1. The target company is a leading manufacturer of aerospace parts in the industry, and the success of the acquisition will strengthen the company's industrial layout.
Gardner Airlines is a large multinational company specializing in the production, assembly and maintenance of aerospace parts and components in Europe. It employs more than 4500 people worldwide and has set up factories in the United Kingdom, France, Poland and India, headquartered in the United Kingdom.

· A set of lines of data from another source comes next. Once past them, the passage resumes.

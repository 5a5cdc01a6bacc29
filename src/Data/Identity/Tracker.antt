-- ===== src/Data/Identity/Tracker.antt =====
-- The identity tracker as a list of stores with their numbers, and its lines.
use cbank_system.Prelude.{
  ℕ, ◌≤◌, ◌<◌, ◌≡◌, ◌≢◌, refl, ap, sym, Bool, true, false, List, [], ◌∷◌, ◌++◌, length,
  length-append, All, arith, All-append, append-nil,
}
use cbank_system.Prelude.Int.{pos}
use cbank_system.Text.{
  Bytes, Lacks, codes, atol, print_nat, is_digit, print_nat-IsDigit, length-print_nat, ten_pow,
  atol-print_nat, atol-print_nat_end,
}
use cbank_system.Orm.Insert.{row_text}
use cbank_system.Orm.Table.{Row}
use cbank_system.Data.Fields.{int_max}
use cbank_system.Data.Fields.Search.{IsPlain}

-- A store with its number. The line of a new store has no ';' at its end.
pub record Identity : Type 0 where
  pub name : Bytes
  pub cur_id : ℕ
  pub closed : Bool

abbrev pub line_end : Bool → Bytes
line_end true = b';' ∷ []
line_end false = []

abbrev pub identity_row : Identity → Row
identity_row e =
    (codes "store", e.name) ∷ (codes "cur_id", print_nat e.cur_id ++ line_end e.closed) ∷ []

unfoldable pub tracker_text : List Identity → Bytes
tracker_text [] = []
tracker_text (e ∷ entries) = row_text (identity_row e) ++ 10 ∷ tracker_text entries

-- A name of at most 49 bytes without separators, and a number that is not the last `int`.
abbrev pub IsIdentity : Identity → Type 0
IsIdentity e =
    (e.name ≢ [])
    × Lacks b'=' e.name
    × Lacks b';' e.name
    × Lacks 10 e.name
    × (length e.name ≤ 49)
    × (e.cur_id < int_max)

pub digits-Lacks :
    (b : ℕ) (s : Bytes) → is_digit b ≡ false → All (λ c. is_digit c ≡ true) s → Lacks b s
digits-Lacks b [] h k = tt
digits-Lacks b (c ∷ s) h (kc, k) = (λ e. let same = ap is_digit e in cc, digits-Lacks b s h k)

pub digits-line_end :
    (b n : ℕ) (closed : Bool)
    → is_digit b ≡ false
    → b ≢ b';'
    → Lacks b (print_nat n ++ line_end closed)
digits-line_end b n true h k =
    All-append (λ c. c ≢ b) (print_nat n) (b';' ∷ [])
      (digits-Lacks b (print_nat n) h (print_nat-IsDigit n)) (λ e. k (sym e), tt)
digits-line_end b n false h k =
    All-append (λ c. c ≢ b) (print_nat n) [] (digits-Lacks b (print_nat n) h (print_nat-IsDigit n))
      tt

pub atol-line_end : (n : ℕ) (closed : Bool) → atol (print_nat n ++ line_end closed) ≡ pos n
atol-line_end n true = atol-print_nat n b';' [] (unfold is_digit in refl)
atol-line_end n false = rw (append-nil (print_nat n)) (atol-print_nat_end n)

pub identity_row-IsPlain : (e : Identity) → IsIdentity e → All IsPlain (identity_row e)
unfolding is_digit
identity_row-IsPlain e (filled, equals, semi, nl, short, small) = (
  (omega arith, equals),
  ((omega arith, digits-line_end b'=' e.cur_id e.closed refl (omega arith)), tt),
)

pub identity_row-Lacks : (e : Identity) → IsIdentity e → Lacks 10 (row_text (identity_row e))
unfolding row_text is_digit
identity_row-Lacks e (filled, equals, semi, nl, short, small) = (
  omega arith,
  (
    omega arith,
    (
      omega arith,
      (
        omega arith,
        (
          omega arith,
          (
            omega arith,
            All-append (λ c. c ≢ 10) e.name
                (codes ";cur_id=" ++ (print_nat e.cur_id ++ line_end e.closed)) nl
                (
                  omega arith,
                  (
                    omega arith,
                    (
                      omega arith,
                      (
                        omega arith,
                        (
                          omega arith,
                          (
                            omega arith,
                            (
                              omega arith,
                              (
                                omega arith,
                                digits-line_end 10 e.cur_id e.closed refl (omega arith),
                              ),
                            ),
                          ),
                        ),
                      ),
                    ),
                  ),
                ),
          ),
        ),
      ),
    ),
  ),
)

pub length-line_end : (closed : Bool) → length (line_end closed) ≤ 1
length-line_end true = omega arith
length-line_end false = omega arith

-- A line fits the buffer.
pub length-identity_row : (e : Identity) → IsIdentity e → length (row_text (identity_row e)) < 255
unfolding row_text
length-identity_row e (filled, equals, semi, nl, short, small) =
    rw (length-append e.name _, length-append (print_nat e.cur_id) (line_end e.closed))
      (omega (
        arith,
        length-line_end e.closed,
        length-print_nat e.cur_id 9 (unfold ten_pow in omega arith),
      ))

With annual revenue of more than 200 million US dollars, the company is a leader in the European market.
This acquisition will strengthen the company's industrial layout in the aerospace field, form an aviation industry chain covering the R & D and production of aero-engine blades, aero-engines and other parts, and drones, and enhance the company's technical strength. help the company to open up the market.
two。 The company actively promotes business transformation and is expected to usher in a performance inflection point.
The company's main molybdenum fine powder mining and smelting, due to the downstream steel industry downturn led to the company's performance continues to decline, the company has shut down the business, and actively to aerospace transformation. Rhenium is the associated ore of molybdenum. Rhenium-nickel-based alloy has excellent high temperature performance and is the main material for manufacturing advanced aero-engine and gas turbine blades. Relying on its own resource advantages, advanced rhenium purification technology and strong accumulation in the field of ultra-high temperature alloy manufacturing, the company has gradually transformed to aviation business and made good progress.
At present, the alloy materials and mass production blades independently developed by Chengdu Aerospace, a wholly-owned subsidiary of the company, have obtained relevant certifications. the first batch of mass-produced single crystal blades have passed user acceptance and achieved certain sales revenue, and more customers are in the process of certification; in terms of engines, the experimental tests of 750kg thrust engine and 1000 kg thrust turbofan engine of Chengdu Zhongke Aero engine Co., Ltd. are progressing smoothly. In the future, as the aviation business begins to achieve revenue, the company is expected to usher in a performance inflection point.
3. Large tonnage unmanned transport aircraft is about to test flight, with the help of Shunfeng Dongfeng layout UAV logistics.
Shunfeng is the primary strategic partner and core customer of Longxing UAV, a joint venture subsidiary of the company. The joint venture will give priority to the development of two large-tonnage unmanned transport aircraft for SF Group to meet the needs of SF Group's fast-growing high-end express market. at present, the scheme design has been reviewed by experts, the prototype has been completed, and a test flight is scheduled for the end of 2016. Shunfeng holds 4.41 million shares and 0.97% equity through participating in the private placement of the company, and is the sixth largest shareholder of the company. It is expected that the company will continue to deepen its cooperation with SF and actively lay out the field of drone logistics.
4. Profit forecast.
It is estimated that the company's net profit attributed to the parent company in 16-18 is-3 million, 44 million, 108 million, corresponding to EPS 0.00,0.08,0.19 yuan, corresponding to PE-5115X, 298X, 121X, the first rating is recommended.